#### [Work item]
From the first line to the last, set down the data exactly as given.

[[ Source information, beginning ]]

-- ===== src/Transactions/Examples.antt =====
-- Runs of transactions.service.ts at concrete inputs, and the theorems at them.
use meduman_backend.Prelude.{concat, String, ◌≡◌, refl, Option, none, some, [], ◌∷◌, arith}
use meduman_backend.Store.Enums.{TransactionStatus, link_active, user, same_status}
use meduman_backend.Store.Rows.{Transaction}
use meduman_backend.Store.World.{World}
use meduman_backend.Store.Table.{find_first, find_many, count, update_many}
use meduman_backend.Store.Action.{
  illegal_transition, transition_rejected, ok, err, transact, world_after, result_of,
}
use meduman_backend.Store.Sample.{sale, with_sale}
use meduman_backend.Machine.{webhook, seller_publish, cancel, payment_verified, transition}
use meduman_backend.Outbound.{record_for_transition, dispatch}
use meduman_backend.Transactions.{ApplyTransitionInput, context_of, commit, apply}
use meduman_backend.Transactions.Apply.{apply_error_unchanged, Applied, apply-Applied}
use meduman_backend.Transactions.Race.{race_one_winner}
use meduman_backend.Transactions.History.{
  IsConsistent, apply-IsConsistent, apply_all, apply_all-IsConsistent,
}

abbrev publish : ApplyTransitionInput
publish = record {
  transaction_id = "t1";
  event = seller_publish;
  actor = record { id = some "ada"; type = user; role = some "SELLER" };
  reason = none;
  has_open_dispute = none;
  auto_confirm_window_elapsed = none;
}

abbrev abort : ApplyTransitionInput
abort = record publish { event = cancel }

abbrev drafted : World
drafted = with_sale TransactionStatus.draft

publish_runs : result_of (apply publish) drafted ≡ ok (record sale { status = link_active })
unfolding apply commit transition record_for_transition dispatch find_first find_many count
    update_many same_status
publish_runs = refl

apply_error_unchanged_test :
    world_after (apply (record publish { event = payment_verified webhook })) drafted ≡ drafted
unfolding apply transition find_first find_many
apply_error_unchanged_test =
    apply_error_unchanged (record publish { event = payment_verified webhook }) drafted
      (transition_rejected illegal_transition "Event PAYMENT_VERIFIED is not permitted from DRAFT")
      refl

apply-Applied_test :
    Applied publish drafted
      (record sale { status = link_active })
      (world_after (apply publish) drafted)
apply-Applied_test =
    apply-Applied publish drafted (record sale { status = link_active }) publish_runs

race_one_winner_example :
    let w' = world_after (commit publish sale link_active) drafted in
    ((row : Transaction × Option String) × (result_of (commit publish sale link_active) drafted
        ≡ ok row))
    × (transact (commit abort sale TransactionStatus.cancelled) w' ≡ (
      err (
          transition_rejected illegal_transition
            (concat ("Transaction " ∷ "t1" ∷ " changed state concurrently" ∷ []))),
      w',
    ))
unfolding transition find_first find_many count same_status context_of
race_one_winner_example =
    race_one_winner publish abort drafted sale link_active TransactionStatus.cancelled refl refl
      refl (λ e. cc) refl

drafted-IsConsistent : IsConsistent drafted
unfolding count find_many
drafted-IsConsistent = record { unique = λ id. ground arith; recorded = (refl, tt) }

apply-IsConsistent_example : IsConsistent (world_after (apply publish) drafted)
apply-IsConsistent_example = apply-IsConsistent publish drafted drafted-IsConsistent

apply_all-IsConsistent_example : IsConsistent (apply_all (publish ∷ abort ∷ []) drafted)
apply_all-IsConsistent_example =
    apply_all-IsConsistent (publish ∷ abort ∷ []) drafted drafted-IsConsistent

[[ Source information, end ]]

#### [Answer area]
-- ===== src/Transactions/Examples.antt =====
-- Runs of transactions.service.ts at concrete inputs, and the theorems at them.
use meduman_backend.Prelude.{concat, String, ◌≡◌, refl, Option, none, some, [], ◌∷◌, arith}
use meduman_backend.Store.Enums.{TransactionStatus, link_active, user, same_status}
use meduman_backend.Store.Rows.{Transaction}
use meduman_backend.Store.World.{World}
use meduman_backend.Store.Table.{find_first, find_many, count, update_many}
use meduman_backend.Store.Action.{
  illegal_transition, transition_rejected, ok, err, transact, world_after, result_of,
}
use meduman_backend.Store.Sample.{sale, with_sale}
use meduman_backend.Machine.{webhook, seller_publish, cancel, payment_verified, transition}
use meduman_backend.Outbound.{record_for_transition, dispatch}
use meduman_backend.Transactions.{ApplyTransitionInput, context_of, commit, apply}
use meduman_backend.Transactions.Apply.{apply_error_unchanged, Applied, apply-Applied}
use meduman_backend.Transactions.Race.{race_one_winner}
use meduman_backend.Transactions.History.{
  IsConsistent, apply-IsConsistent, apply_all, apply_all-IsConsistent,
}

abbrev publish : ApplyTransitionInput
publish = record {
  transaction_id = "t1";
  event = seller_publish;
  actor = record { id = some "ada"; type = user; role = some "SELLER" };
  reason = none;
  has_open_dispute = none;
  auto_confirm_window_elapsed = none;
}

abbrev abort : ApplyTransitionInput
abort = record publish { event = cancel }

abbrev drafted : World
drafted = with_sale TransactionStatus.draft

publish_runs : result_of (apply publish) drafted ≡ ok (record sale { status = link_active })
unfolding apply commit transition record_for_transition dispatch find_first find_many count
    update_many same_status
publish_runs = refl

apply_error_unchanged_test :
    world_after (apply (record publish { event = payment_verified webhook })) drafted ≡ drafted
unfolding apply transition find_first find_many
apply_error_unchanged_test =
    apply_error_unchanged (record publish { event = payment_verified webhook }) drafted
      (transition_rejected illegal_transition "Event PAYMENT_VERIFIED is not permitted from DRAFT")
      refl

apply-Applied_test :
    Applied publish drafted
      (record sale { status = link_active })
      (world_after (apply publish) drafted)
apply-Applied_test =
    apply-Applied publish drafted (record sale { status = link_active }) publish_runs

race_one_winner_example :
    let w' = world_after (commit publish sale link_active) drafted in
    ((row : Transaction × Option String) × (result_of (commit publish sale link_active) drafted
        ≡ ok row))
    × (transact (commit abort sale TransactionStatus.cancelled) w' ≡ (
      err (
          transition_rejected illegal_transition
            (concat ("Transaction " ∷ "t1" ∷ " changed state concurrently" ∷ []))),
      w',
    ))
unfolding transition find_first find_many count same_status context_of
race_one_winner_example =
    race_one_winner publish abort drafted sale link_active TransactionStatus.cancelled refl refl
      refl (λ e. cc) refl

drafted-IsConsistent : IsConsistent drafted
unfolding count find_many
drafted-IsConsistent = record { unique = λ id. ground arith; recorded = (refl, tt) }

apply-IsConsistent_example : IsConsistent (world_after (apply publish) drafted)
apply-IsConsistent_example = apply-IsConsistent publish drafted drafted-IsConsistent

apply_all-IsConsistent_example : IsConsistent (apply_all (publish ∷ abort ∷ []) drafted)
apply_all-IsConsistent_example =
    apply_all-IsConsistent (publish ∷ abort ∷ []) drafted drafted-IsConsistent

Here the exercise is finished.